From:	Simon Riggs <simon(at)2ndQuadrant(dot)com>
To:	Tom Lane <tgl(at)sss(dot)pgh(dot)pa(dot)us>
Cc:	Noah Misch <noah(at)leadboat(dot)com>, Robert Haas <robertmhaas(at)gmail(dot)com>, Bruce Momjian <bruce(at)momjian(dot)us>, pgsql-hackers <pgsql-hackers(at)postgresql(dot)org>
Subject:	Re: ALTER TABLE lock strength reduction patch is unsafe
Date:	2012-01-02 19:42:01
Message-ID:	CA+U5nMJk99ogge2ouWh-8nYZz9Fjr7mhWgNLbR78pTo98vdC6A@mail.gmail.com
Views:	Raw Message \| Whole Thread \| Download mbox \| Resend email
Lists:	pgsql-hackers

On Mon, Jan 2, 2012 at 7:13 PM, Tom Lane <tgl(at)sss(dot)pgh(dot)pa(dot)us> wrote:
> Simon Riggs <simon(at)2ndQuadrant(dot)com> writes:
>> On Mon, Jan 2, 2012 at 6:06 PM, Noah Misch <noah(at)leadboat(dot)com> wrote:
>>> On Mon, Jan 02, 2012 at 05:09:16PM +0000, Simon Riggs wrote:
>>>> Attached patch makes SnapshotNow into an MVCC snapshot,
>
>>> That's a neat trick. However, if you start a new SnapshotNow scan while one is
>>> ongoing, the primordial scan's snapshot will change mid-stream.
>
>> Do we ever do that?
>
> Almost certainly yes. For example, a catcache load may invoke catcache
> or relcache reload operations on its way to opening the table or index
> needed to fetch the desired row.

Ah, of course. I was thinking they would be rare by design.
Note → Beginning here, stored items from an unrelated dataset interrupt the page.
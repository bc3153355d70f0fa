-- ===== src/Ledger/Rulings.antt =====
-- The rulings of `derive` in crates/cc-ledger/src/v1/authority.rs, on a governed ledger: what is
-- canceled, which revocations take effect, and what an event's effect is.
use clockchain.Prelude.{
  is_empty, ℕ, ◌≡◌, refl, ap, ◌∙◌, sym, subst, inl, inr, true, false, ◌||◌, Option, none, some,
  List, [], ◌∷◌, length, arith, ◌==◌, ==_iff, Bool-cases, Option-cases, nat_key,
}
use clockchain.Prelude.Table.{lookup, contains_key}
use clockchain.Prelude.Ordered.{map_insert, lookup-map_insert, set_contains}
use clockchain.Wire.{Hash}
use clockchain.Wire.Signed.{Crypto}
use clockchain.Ledger.{Events}
use clockchain.Ledger.Authority.{Grant, Lineages, Revocations, set_union, covers, outside, and_then}
use clockchain.Ledger.Derive.{
  depth, insert_by_depth, sort_by_depth, controls_at, cancel, cancellations_from,
}
use clockchain.Ledger.Order.{key_held}
use clockchain.Ledger.Totals.{
  IsTraced, set_contains-union, and_then-Returns, covers-Returns, outside-Returns, AreRevokes,
  controls_of-Returns,
}

-- The grants of an order.
abbrev pub ranked : List (ℕ × Hash) → List Hash
ranked [] = []
ranked ((_, g) ∷ order) = g ∷ ranked order

set_contains-insert_by_depth :
    (x : Hash) (d : ℕ) (g : Hash) (order : List (ℕ × Hash))
    → set_contains x (ranked (insert_by_depth d g order))
      ≡ (x == g || set_contains x (ranked order))
unfolding insert_by_depth set_contains
set_contains-insert_by_depth x d g [] = refl
set_contains-insert_by_depth x d g ((c, h) ∷ order) =
    ground (arith, set_contains-insert_by_depth x d g order)

pub sort_by_depth-Returns :
    (l : Lineages) (gs : List Hash)
    → ((g : Hash) → set_contains g gs ≡ true → contains_key g l.lineage ≡ true)
    → (order : List (ℕ × Hash)) × (sort_by_depth l gs ≡ some order)
      × ((g : Hash) → set_contains g (ranked order) ≡ set_contains g gs)
unfolding sort_by_depth depth set_contains
sort_by_depth-Returns l [] h = ([], refl, λ g. refl)
sort_by_depth-Returns l (g ∷ gs) h =
    let (path, held) = key_held g l.lineage (h g (ground arith)) in
    let (order, eq, same) = sort_by_depth-Returns l gs (λ x m. h x (ground (arith, m))) in
    (
      insert_by_depth (length path) g order,
      rw held (rw eq refl),
      λ x. ground (arith, set_contains-insert_by_depth x (length path) g order, same x),
    )

empty_none : (s : List Hash) (x : Hash) → is_empty s ≡ true → set_contains x s ≡ false
unfolding set_contains
empty_none [] x h = refl
empty_none (y ∷ s) x h = absurd (ground (arith, h))

pub some_injective : {A : Type 0} {a b : A} → ◌≡◌ {A = Option A} (some a) (some b) → a ≡ b
some_injective h = ground (arith, h)

not_before :
    (g : Hash) (c c' : List (Hash × List Hash))
    → ((h : Hash) → contains_key h c ≡ true → contains_key h c' ≡ true)
    → contains_key g c' ≡ false
    → contains_key g c ≡ false
not_before g c c' mono gone = elim (Bool-cases (contains_key g c)) [
  | inl there ↦ let later = mono g there in absurd (ground (arith, later, gone))
  | inr absent ↦ absent
]

module _ {SecretKey : Type 0} (crypto : Crypto SecretKey) (valid : Events) (revokes : Revocations)
    (l : Lineages) (t : IsTraced crypto valid revokes l) where
  -- No effective revocation covers the grant without having the event in its past.
  abbrev pub Unopposed : List Hash → Hash → Hash → Type 0
  Unopposed effective g x =
      (r : Hash)
      → set_contains r effective ≡ true
      → and_then (covers revokes l r g) (outside valid l x r) ≡ some false

  cancel-Returns :
      (effective : List Hash) (g issuer x : Hash) (canceled : List (Hash × List Hash))
      → AreRevokes crypto valid revokes l t effective
      → contains_key issuer l.lineage ≡ true
      → (canceled' : List (Hash × List Hash)) × (cancel valid revokes l effective g issuer x
            canceled
          ≡ some canceled')
        × ((h : Hash) → contains_key h canceled ≡ true → contains_key h canceled' ≡ true)
        × (contains_key g canceled' ≡ false → Unopposed effective issuer x)
  unfolding cancel
  cancel-Returns effective g issuer x canceled all path =
      let (found, eq, finds) =
        controls_of-Returns crypto valid revokes l t effective issuer x all path in
      let controls = set_union (controls_at issuer canceled) found in
      elim (Bool-cases (is_empty controls)) [
        | inl none_ ↦ (
          canceled,
          rw eq (rw none_ refl),
          λ h m. m,
          λ gone r m.
              let (b, b_eq) =
                and_then-Returns (covers revokes l r issuer) (outside valid l x r)
                  (covers-Returns crypto valid revokes l t r issuer (all r m) path)
                  (outside-Returns crypto valid revokes l t x r (all r m)) in
              let absent = empty_none controls r none_ in
              let merged = set_contains-union r (controls_at issuer canceled) found in
              elim (Bool-cases b) [
                | inl holds ↦
                    let there = (finds r).1 (m, b_eq ∙ ap some holds) in
                    absurd (ground (arith, absent, merged, there))
                | inr fails ↦ b_eq ∙ ap some fails
              ],
        )
        | inr some_ ↦ (
          map_insert g controls canceled,
          rw eq (rw some_ refl),
          λ h m. ground (arith, lookup-map_insert g h controls canceled, m),
          λ gone. absurd (ground (arith, lookup-map_insert g g controls canceled, gone)),
        )
      ]

  -- Where a grant is not canceled, its issue was not opposed.
  abbrev pub CancelsOpposed : List Hash → List Hash → List (Hash × List Hash) → Type 0
  CancelsOpposed effective gs canceled =
      (g : Hash) (grant : Grant) (i : Hash)
      → set_contains g gs ≡ true
      → lookup g l.grants ≡ some grant
      → grant.issuer ≡ some i
      → contains_key g canceled ≡ false
      → Unopposed effective i grant.issued_by_event

  root_step :
      (effective : List Hash) (d : ℕ) (g : Hash) (grant : Grant) (order : List (ℕ × Hash))
      (canceled : List (Hash × List Hash))
      → lookup g l.grants ≡ some grant
      → grant.issuer ≡ none
      → cancellations_from valid revokes l effective ((d, g) ∷ order) canceled
        ≡ cancellations_from valid revokes l effective order canceled
  unfolding cancellations_from
  root_step effective d g grant order canceled held root =
      rw (held, cancellations_from) (rw (root, cancellations_from) refl)

  issued_step :
      (effective : List Hash) (d : ℕ) (g : Hash) (grant : Grant) (i : Hash)
      (order : List (ℕ × Hash)) (canceled canceled' : List (Hash × List Hash))
      → lookup g l.grants ≡ some grant
      → grant.issuer ≡ some i
      → cancel valid revokes l effective g i grant.issued_by_event canceled ≡ some canceled'
      → cancellations_from valid revokes l effective ((d, g) ∷ order) canceled
        ≡ cancellations_from valid revokes l effective order canceled'
  unfolding cancellations_from
  issued_step effective d g grant i order canceled canceled' held issued eq =
      rw (held, cancellations_from)
        (rw (issued, cancellations_from) (rw (eq, cancellations_from) refl))

  nil_step :
      (effective : List Hash) (canceled : List (Hash × List Hash))
      → cancellations_from valid revokes l effective [] canceled ≡ some canceled
  unfolding cancellations_from
  nil_step effective canceled = refl

  pub cancellations_from-Returns :
      (effective : List Hash) (order : List (ℕ × Hash)) (canceled : List (Hash × List Hash))
      → AreRevokes crypto valid revokes l t effective
      → ((g : Hash) → set_contains g (ranked order) ≡ true → contains_key g l.grants ≡ true)
      → (canceled' : List (Hash × List Hash)) × (cancellations_from valid revokes l effective order
            canceled
          ≡ some canceled')
        × ((h : Hash) → contains_key h canceled ≡ true → contains_key h canceled' ≡ true)
        × CancelsOpposed effective (ranked order) canceled'
  unfolding set_contains
  cancellations_from-Returns effective [] canceled all known =
      (canceled, nil_step effective canceled, λ h m. m, λ g grant i m. absurd (ground (arith, m)))
  cancellations_from-Returns effective ((d, g) ∷ order) canceled all known =
      let (grant, held) = key_held g l.grants (known g (ground arith)) in
      let later =
        λ (x : Hash) (m : set_contains x (ranked order) ≡ true). known x (ground (arith, m)) in
      elim (Option-cases grant.issuer) [
        | inl root ↦
            let (c, eq, mono, rules) =
              cancellations_from-Returns effective order canceled all later in
            (
              c,
              root_step effective d g grant order canceled held root ∙ eq,
              mono,
              λ h grant' i m held' issued gone. elim (Bool-cases (h == g)) [
                | inl same ↦
                    let both : ◌≡◌ {A = Option Grant} (some grant') (some grant) =
                      sym held' ∙ ap (λ k. lookup k l.grants) ((==_iff h g).0 same) ∙ held in
                    let clash : ◌≡◌ {A = Option Hash} none (some i) =
                      sym root
                      ∙ ap (λ (k : Grant). k.issuer) (sym (some_injective both))
                      ∙ issued in
                    absurd (ground (arith, clash))
                | inr differ ↦ rules h grant' i (ground (arith, m, differ)) held' issued gone
              ],
            )
        | inr (i, issued) ↦
            let (c₁, eq₁, mono₁, rule) =
              cancel-Returns effective g i grant.issued_by_event canceled all
                (t.issuers g grant i held issued) in
            let (c, eq, mono, rules) = cancellations_from-Returns effective order c₁ all later in
            (
              c,
              issued_step effective d g grant i order canceled c₁ held issued eq₁ ∙ eq,
              λ h m. mono h (mono₁ h m),
              λ h grant' j m held' issued' gone. elim (Bool-cases (h == g)) [
                | inl same ↦
                    let h_eq = (==_iff h g).0 same in
                    let both : ◌≡◌ {A = Option Grant} (some grant') (some grant) =
                      sym held' ∙ ap (λ k. lookup k l.grants) h_eq ∙ held in
                    let grant_eq = some_injective both in
                    let i_eq : ◌≡◌ {A = Option Hash} (some i) (some j) =
                      sym issued ∙ ap (λ (k : Grant). k.issuer) (sym grant_eq) ∙ issued' in
                    let event_eq : grant.issued_by_event ≡ grant'.issued_by_event =
                      ap (λ (k : Grant). k.issued_by_event) (sym grant_eq) in
                    let gone₁ =
                      not_before g c₁ c mono (ap (λ k. contains_key k c) (sym h_eq) ∙ gone) in
                    subst (λ k. Unopposed effective j k) event_eq
                      (subst (λ k. Unopposed effective k grant.issued_by_event)
                        (some_injective i_eq) (rule gone₁))
                | inr differ ↦ rules h grant' j (ground (arith, m, differ)) held' issued' gone
              ],
            )
      ]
> I think you can only safely do this if each caller has its own snapshot
> variable, a la SnapshotDirty, and that's going to be hugely more
> invasive.

OK, will look into it.

--
Simon Riggs http://www.2ndQuadrant.com/
PostgreSQL Development, 24x7 Support, Training & Services

From:	Simon Riggs <simon(at)2ndQuadrant(dot)com>
To:	Tom Lane <tgl(at)sss(dot)pgh(dot)pa(dot)us>
Cc:	Noah Misch <noah(at)leadboat(dot)com>, Robert Haas <robertmhaas(at)gmail(dot)com>, Bruce Momjian <bruce(at)momjian(dot)us>, pgsql-hackers <pgsql-hackers(at)postgresql(dot)org>
Subject:	Re: ALTER TABLE lock strength reduction patch is unsafe
Date:	2012-01-02 19:46:48
Message-ID:	CA+U5nM+WNtfOUEZOPM1sjgbgveNg1J-7iPEAzqok7xxSLgRrbg@mail.gmail.com
Views:	Raw Message \| Whole Thread \| Download mbox \| Resend email
Lists:	pgsql-hackers

On Mon, Jan 2, 2012 at 7:14 PM, Tom Lane <tgl(at)sss(dot)pgh(dot)pa(dot)us> wrote:
> Simon Riggs <simon(at)2ndQuadrant(dot)com> writes:
>> On Mon, Jan 2, 2012 at 5:17 PM, Tom Lane <tgl(at)sss(dot)pgh(dot)pa(dot)us> wrote:
>>> Um ... timings of what?
>
>> Apologies for being terse, no problem to give a full explanation.
>
> But you still didn't. I wanted to know what those numbers were and how
> they show that there's not a performance regression. Presumably you
> meant that some were "before" and some "after", but they were not so
> labeled.

All timings were "after" applying the patch. Since all of the tests
had very acceptable absolute values I didn't test without-patch.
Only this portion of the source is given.